However, the elves were not exclusively young and beautiful. In the Swedish folktale Little Rosa and Long Leda, an elvish woman (älvakvinna) arrives in the end and saves the heroine, Little Rose, on condition that the king's cattle no longer graze on her hill. She is described as an old woman and by her aspect people saw that she belonged to the subterraneans.[18]

These myths and legends of elves that are so popular among Scandinavians, are quite prevalent in their everyday lives. It has been said that to this day, many Scandinavians do still believe in this existence of " hidden people", and will often go out of their way to see that they do not disturb these creatures.

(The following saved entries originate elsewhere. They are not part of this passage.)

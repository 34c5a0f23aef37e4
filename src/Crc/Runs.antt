-- ===== src/Crc/Runs.antt =====
-- Concrete runs, and the theorems at concrete inputs.
use wmbm_16brandnew.Prelude.{◌≡◌, refl, [], ◌∷◌}
use wmbm_16brandnew.Crc.{
  en13757_round, en13757_rounds, crc16_en13757_per_byte, en13757_loop, crc16_en13757,
}

-- The values that src/testinternals.cc expects.
crc16_en13757_run : crc16_en13757 (0x01 ∷ 0xfd ∷ 0x1f ∷ 0x01 ∷ []) ≡ 0xcc22
unfolding crc16_en13757 en13757_loop crc16_en13757_per_byte en13757_rounds en13757_round
crc16_en13757_run = refl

For example, just outside of Reykjavik, Iceland, a soccer game was called to a halt when a misled ball rolled off the beaten path, and stopped right next to a sign that marked the home of 3 elves believed to dwell near the stones where the ball was resting. Instead of reclaiming the ball, the soccer player opted to leave it there in order to avoid disturbing the elves.

Icelandic

See also: huldufólk

Natives of Iceland either believe in elves or are unwilling to rule out their existence.[19] Several Icelanders believe in huldufólk or “hidden folk”, the elves that dwell in rock formations. If the natives don’t explicitly express their belief, they are certainly reluctant to express disbelief.[20] A 2006 and 2007 study on superstition by the University of Iceland’s Faculty of Social Sciences supervised by Terry Gunnell (associate folklore professor), reveal that natives would not rule out the existence of elves and ghosts (similar results of a 1974 survey by Professor Erlendur Haraldsson, Fréttabladid reports). Gunnel stated: “Icelanders seem much more open to phenomena like dreaming the future, forebodings, ghosts and elves than other nations.” His results were consistent with a similar study conducted in 1974.[21]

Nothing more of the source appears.